Ainsi, la lettre de mission de M. Oliver Varhelyi, Commissaire européen à la santé, publiée le 17 septembre 2024, mentionne un futur règlement de l'Union sur les biotechnologies « mettant l'accent sur la nécessité d'un nouvel environnement réglementaire propice à l'innovation dans les domaines de l'évaluation des technologies de santé, des essais cliniques et autres ».
Or, l'évaluation des technologies de santé a un impact sur les dépenses de sécurité sociale. Les règles relatives au budget de la sécurité sociale relèvent de la compétence des États membres au titre de l'article 168, paragraphe 7, du traité sur le fonctionnement de l'Union européenne. Si le règlement (UE) n° 2021/228224(*) permet davantage de coopération entre les États membres sur cette question, chacun fixe de manière unilatérale les conditions de remboursement des traitements.
De même, si les personnes auditionnées ont expliqué aux rapporteurs qu'il n'existe pas de difficulté particulière pour la mise en oeuvre du règlement relatif aux essais cliniques de médicaments à usage humain, EuropaBio25(*) se montre plus critique et déplore notamment des conditions de mise en oeuvre des essais cliniques différentes d'un État membre à l'autre. Ces différences sont en partie liées aux conditions de prise en charge des traitements et des patients qui relèvent de la compétence des États membres.

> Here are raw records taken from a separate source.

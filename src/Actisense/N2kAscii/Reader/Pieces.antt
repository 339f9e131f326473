-- ===== src/Actisense/N2kAscii/Reader/Pieces.antt =====
-- actisense/n2kasciidevice.go: a line that the device gives in pieces.
use mathlib.Core.List.{append-nil}
use go_nmea_client.Common.{
  ℕ, zero, suc, ◌+◌, ◌-◌, ◌≤◌, ◌≡◌, refl, ap, sym, ◌∙◌, List, [], ◌∷◌, ◌++◌, none, some, true,
  false, arith, leb, ◌==◌, length, take, map, length-append, All, overwrite, overwrite_from,
  length-overwrite_from, length-overwrite, drop,
}
use go_nmea_client.Actisense.RawAscii.{index_byte}
use go_nmea_client.Actisense.N2kAscii.{parse_n2k_ascii}
use go_nmea_client.Text.Parts.{Lacks}
use go_nmea_client.Actisense.N2kAscii.Reader.{
  N2kAsciiDevice, Input, got, Outcome, Turn, goes_on, gives, crashes, returned, panicked,
  after_line, on_read, append_read, with_line, left_over, read_n2k_message,
}

-- The bytes of a line that has not ended.
pub record Holds (d : N2kAsciiDevice) (pending : List ℕ) : Type 0 where
  pub counted : length pending ≡ d.read_index
  pub stored : take d.read_index d.read_buffer ≡ pending
  pub fits : d.read_index ≤ length d.read_buffer

take-overwrite :
    (dst src : List ℕ) → length src ≤ length dst → take (length src) (overwrite dst src) ≡ src
take-overwrite dst [] h = refl
take-overwrite [] (s ∷ src) h = absurd (omega (arith, h))
take-overwrite (d ∷ dst) (s ∷ src) h = ap (◌∷◌ s) (take-overwrite dst src (omega (arith, h)))

take-overwrite_from :
    (n : ℕ) (dst src : List ℕ)
    → n + length src ≤ length dst
    → take (n + length src) (overwrite_from n dst src) ≡ take n dst ++ src
take-overwrite_from zero dst src h =
    ap (λ (k : ℕ). take k (overwrite dst src)) (omega arith)
    ∙ take-overwrite dst src (omega (arith, h))
take-overwrite_from (suc n) [] src h = absurd (omega (arith, h))
take-overwrite_from (suc n) (d ∷ dst) src h =
    ap (λ (k : ℕ). take k (d ∷ overwrite_from n dst src)) one_more
    ∙ ap (◌∷◌ d) (take-overwrite_from n dst src (omega (arith, h)))
  where
    one_more : suc n + length src ≡ suc (n + length src)
    one_more = omega arith

index_byte-Lacks : (s : List ℕ) → Lacks 10 s → index_byte s 10 ≡ none
unfolding index_byte
index_byte-Lacks [] h = refl
index_byte-Lacks (c ∷ s) h =
    let other : (c == 10) ≡ false = ground (arith, h.0) in rw (other, index_byte-Lacks s h.1) refl

index_byte-append :
    (s rest : List ℕ) → Lacks 10 s → index_byte (s ++ (10 ∷ rest)) 10 ≡ some (length s)
unfolding index_byte
index_byte-append [] rest h = refl
index_byte-append (c ∷ s) rest h =
    let other : (c == 10) ≡ false = ground (arith, h.0) in
    rw (other, index_byte-append s rest h.1) refl

take-line : (s rest : List ℕ) → take (length s) (s ++ rest) ≡ s
take-line [] rest = refl
take-line (c ∷ s) rest = ap (◌∷◌ c) (take-line s rest)

append_read-Holds :
    (d : N2kAsciiDevice) (pending buf : List ℕ)
    → Holds d pending
    → length (pending ++ buf) ≤ length d.read_buffer
    → Holds (append_read d buf) (pending ++ buf)
unfolding append_read
append_read-Holds d pending buf h room = record {
  counted = omega (arith, length-append pending buf, h.counted);
  stored =
      take-overwrite_from d.read_index d.read_buffer buf
        (omega (arith, length-append pending buf, h.counted, room))
      ∙ ap (λ (s : List ℕ). s ++ buf) h.stored;
  fits = omega (
    arith,
    length-append pending buf,
    h.counted,
    room,
    length-overwrite_from d.read_index d.read_buffer buf,
  );
}

on_read-piece :
    (d : N2kAsciiDevice) (pending buf : List ℕ) (now : ℕ)
    → Holds d pending
    → Lacks 10 buf
    → length (pending ++ buf) ≤ length d.read_buffer
    → (d' : N2kAsciiDevice) × (on_read d buf now ≡ goes_on d')
      × Holds d' (pending ++ buf)
      × (length d'.read_buffer ≡ length d.read_buffer)
unfolding on_read append_read
on_read-piece d pending [] now h lacks room =
    (d, rw (on_read, index_byte-Lacks [] lacks) refl, rw append-nil h, refl)
on_read-piece d pending (c ∷ buf) now h lacks room =
    let inside : leb d.read_index (length d.read_buffer) ≡ true = ground (arith, h.fits) in
    let more : (length (c ∷ buf) == 0) ≡ false = ground arith in
    (
      append_read d (c ∷ buf),
      rw (on_read, index_byte-Lacks (c ∷ buf) lacks, more, inside) refl,
      append_read-Holds d pending (c ∷ buf) h room,
      length-overwrite_from d.read_index d.read_buffer (c ∷ buf),
    )

-- A line from its start, the pieces of it that are read first and the last one.
abbrev pub whole : List ℕ → List (List ℕ × ℕ) → List ℕ → List ℕ
whole pending [] last = pending ++ last
whole pending ((buf, now) ∷ pieces) last = whole (pending ++ buf) pieces last

length-whole :
    (pending : List ℕ) (pieces : List (List ℕ × ℕ)) (last : List ℕ)
    → length pending ≤ length (whole pending pieces last)
length-whole pending [] last = omega (arith, length-append pending last)
length-whole pending ((buf, now) ∷ pieces) last =
    omega (arith, length-append pending buf, length-whole (pending ++ buf) pieces last)

abbrev pub received : List ℕ × ℕ → Input
received (buf, now) = got buf now

abbrev pub after_turn : Turn → List Input → Outcome
after_turn (goes_on d) rest = read_n2k_message d rest
after_turn (gives r d) rest = returned r d rest
after_turn crashes rest = panicked

-- The buffer in which a line is parsed: it starts with the line. What is read behind the end of the line
-- is held for the next one, where it fits.
pub record IsLine (d : N2kAsciiDevice) (line buf next : List ℕ) (end : ℕ) (buffer : List ℕ)
    : Type 0 where
  pub starts : take (length line) buffer ≡ line
  pub same_size : length buffer ≡ length d.read_buffer
  pub holds_next : length next ≤ length buffer → Holds (left_over buffer buf end) next

drop-line : (last next : List ℕ) → drop (length last + 1) (last ++ (10 ∷ next)) ≡ next
drop-line [] next = refl
drop-line (c ∷ last) next =
    ap (λ (k : ℕ). drop k (c ∷ last ++ (10 ∷ next))) one_more ∙ drop-line last next
  where
    one_more : length (c ∷ last) + 1 ≡ suc (length last + 1)
    one_more = omega arith

left_over-Holds :
    (buffer last next : List ℕ)
    → length next ≤ length buffer
    → Holds (left_over buffer (last ++ (10 ∷ next)) (length last)) next
unfolding left_over
left_over-Holds buffer last next h =
    let n : length next ≡ length (last ++ (10 ∷ next)) - (length last + 1) =
      omega (arith, length-append last (10 ∷ next)) in
    record {
      counted = n;
      stored = rw (drop-line last next, sym n) (take-overwrite buffer next h);
      fits = rw (drop-line last next, sym n, length-overwrite buffer next) h;
    }

on_read-last :
    (d : N2kAsciiDevice) (pending last next : List ℕ) (now : ℕ)
    → Holds d pending
    → Lacks 10 last
    → length (pending ++ last) ≤ length d.read_buffer
    → (buffer : List ℕ) × IsLine d (pending ++ last) (last ++ (10 ∷ next)) next (length last) buffer
      × (on_read d (last ++ (10 ∷ next)) now
          ≡ after_line
              (left_over buffer (last ++ (10 ∷ next)) (length last))
              (parse_n2k_ascii buffer (length (pending ++ last)) now))
unfolding on_read with_line
on_read-last d pending last next now h lacks room =
    let buffer = overwrite_from d.read_index d.read_buffer last in
    let held = append_read-Holds d pending last h room in
    let n : d.read_index + length last ≡ length (pending ++ last) =
      omega (arith, length-append pending last, h.counted) in
    let inside : leb (length (pending ++ last)) (length d.read_buffer) ≡ true =
      ground (arith, room) in
    (
      buffer,
      record {
        starts =
            ap (λ (k : ℕ). take k buffer) (sym n)
            ∙ take-overwrite_from d.read_index d.read_buffer last (omega (arith, n, room))
            ∙ ap (λ (s : List ℕ). s ++ last) h.stored;
        same_size = length-overwrite_from d.read_index d.read_buffer last;
        holds_next = left_over-Holds buffer last next;
      },
      rw (on_read, index_byte-append last next lacks, take-line last (10 ∷ next), n, inside) refl,
    )

read_n2k_message-got :
    (d : N2kAsciiDevice) (buf : List ℕ) (now : ℕ) (rest : List Input)
    → read_n2k_message d (got buf now ∷ rest) ≡ after_turn (on_read d buf now) rest
unfolding read_n2k_message
read_n2k_message-got d buf now rest = go (on_read d buf now)
  where
    go :
        (t : Turn)
        → (elim t [
          | goes_on d' ↦ read_n2k_message d' rest
          | gives r d' ↦ returned r d' rest
          | crashes ↦ panicked
        ])
          ≡ after_turn t rest
    go (goes_on d') = refl
    go (gives r d') = refl
    go crashes = refl

-- A line of the format that the device gives in pieces, however it is cut, is parsed as one: the call
-- returns what the parser makes of it, or goes on where that is a line to skip. Lines end at a line feed
-- and fit in the buffer; nothing of the pieces but the last one has a line feed. What was read behind
-- the end is held for the next line.
pub read_n2k_message-received :
    (d : N2kAsciiDevice) (pending : List ℕ) (pieces : List (List ℕ × ℕ)) (last next : List ℕ)
    (now : ℕ) (rest : List Input)
    → Holds d pending
    → All (λ p. Lacks 10 p.0) pieces
    → Lacks 10 last
    → length (whole pending pieces last) ≤ length d.read_buffer
    → (buffer : List ℕ) × IsLine d
        (whole pending pieces last)
        (last ++ (10 ∷ next))
        next
        (length last)
        buffer
      × (read_n2k_message d (map received pieces ++ (got (last ++ (10 ∷ next)) now ∷ rest))
          ≡ after_turn
              (after_line
                (left_over buffer (last ++ (10 ∷ next)) (length last))
                (parse_n2k_ascii buffer (length (whole pending pieces last)) now))
              rest)
read_n2k_message-received d pending [] last next now rest h hs lacks room =
    let (buffer, line, turn) = on_read-last d pending last next now h lacks room in
    (
      buffer,
      line,
      read_n2k_message-got d (last ++ (10 ∷ next)) now rest
          ∙ ap (λ (t : Turn). after_turn t rest) turn,
    )
read_n2k_message-received d pending ((buf, t) ∷ pieces) last next now rest h (lack, hs) lacks room =
    let (d', turn, held, same) =
      on_read-piece d pending buf t h lack
        (omega (arith, room, length-whole (pending ++ buf) pieces last)) in
    let (buffer, line, e) =
      read_n2k_message-received d' (pending ++ buf) pieces last next now rest held hs lacks
        (omega (arith, same, room)) in
    (
      buffer,
      record {
        starts = line.starts;
        same_size = line.same_size ∙ same;
        holds_next = line.holds_next;
      },
      read_n2k_message-got d buf t (map received pieces ++ (got (last ++ (10 ∷ next)) now ∷ rest))
          ∙ ap
              (λ (u : Turn).
                after_turn u (map received pieces ++ (got (last ++ (10 ∷ next)) now ∷ rest)))
              turn
          ∙ e,
    )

* 18 Proposition de règlement du Parlement européen et du Conseil établissant des procédures de l'Union pour l'autorisation et la surveillance des médicaments à usage humain et établissant des règles régissant l'Agence européenne des médicaments, modifiant le règlement (CE) nº 1394/2007 et le règlement (UE) nº 536/2014 et abrogeant le règlement (CE) nº 726/2004, le règlement (CE) n 141/2000 et le règlement(CE) nº 1901/2006, COM(2023) 193 final.
* 19 Résolution européenne n° 30 (2024-2025) du 29 novembre 2024 sur la révision de la législation pharmaceutique proposée par la Commission européenne.
* 20 https://www.oecd.org/content/dam/oecd/en/publications/reports/2020/09/considerations-for-the-environmental-risk-assessment-of-the-application-of-sprayed-or-externally-applied-ds-rna-based-pesticides_898e0d9f/576d9ebb-en.pdf
* 21 https://www.oecd.org/content/dam/oecd/en/publications/reports/2023/08/considerations-for-the-human-health-risk-assessment-of-externally-applied-dsrna-based-pesticides_29cd67bc/54852048-en.pdf
* 22 L'article L. 253-6 du code rural et de la pêche maritime définit les produits de biocontrôle comme des agents et produits utilisant des mécanismes naturels dans le cadre de la lutte intégrée contre les ennemis des cultures. Ces produits comprennent en particulier les macro-organismes et les produits phytopharmaceutiques comprenant des micro-organismes, des médiateurs chimiques comme les phéromones et les kairomones et des substances naturelles d'origine végétale, animale ou minérale.
* 23 Règlement (CE) n° 1107/2009 du Parlement européen et du Conseil du 21 octobre 2009 concernant la mise sur le marché des produits phytopharmaceutiques et abrogeant les directives 79/117/CEE et 91/414/CEE du Conseil.
* 24 Règlement (UE) 2021/2282 du Parlement européen et du Conseil du 15 décembre 2021 concernant l'évaluation des technologies de la santé et modifiant la directive 2011/24/UE.
* 25 EuropaBio est une association européenne qui représente les intérêts de l'industrie des biotechnologies.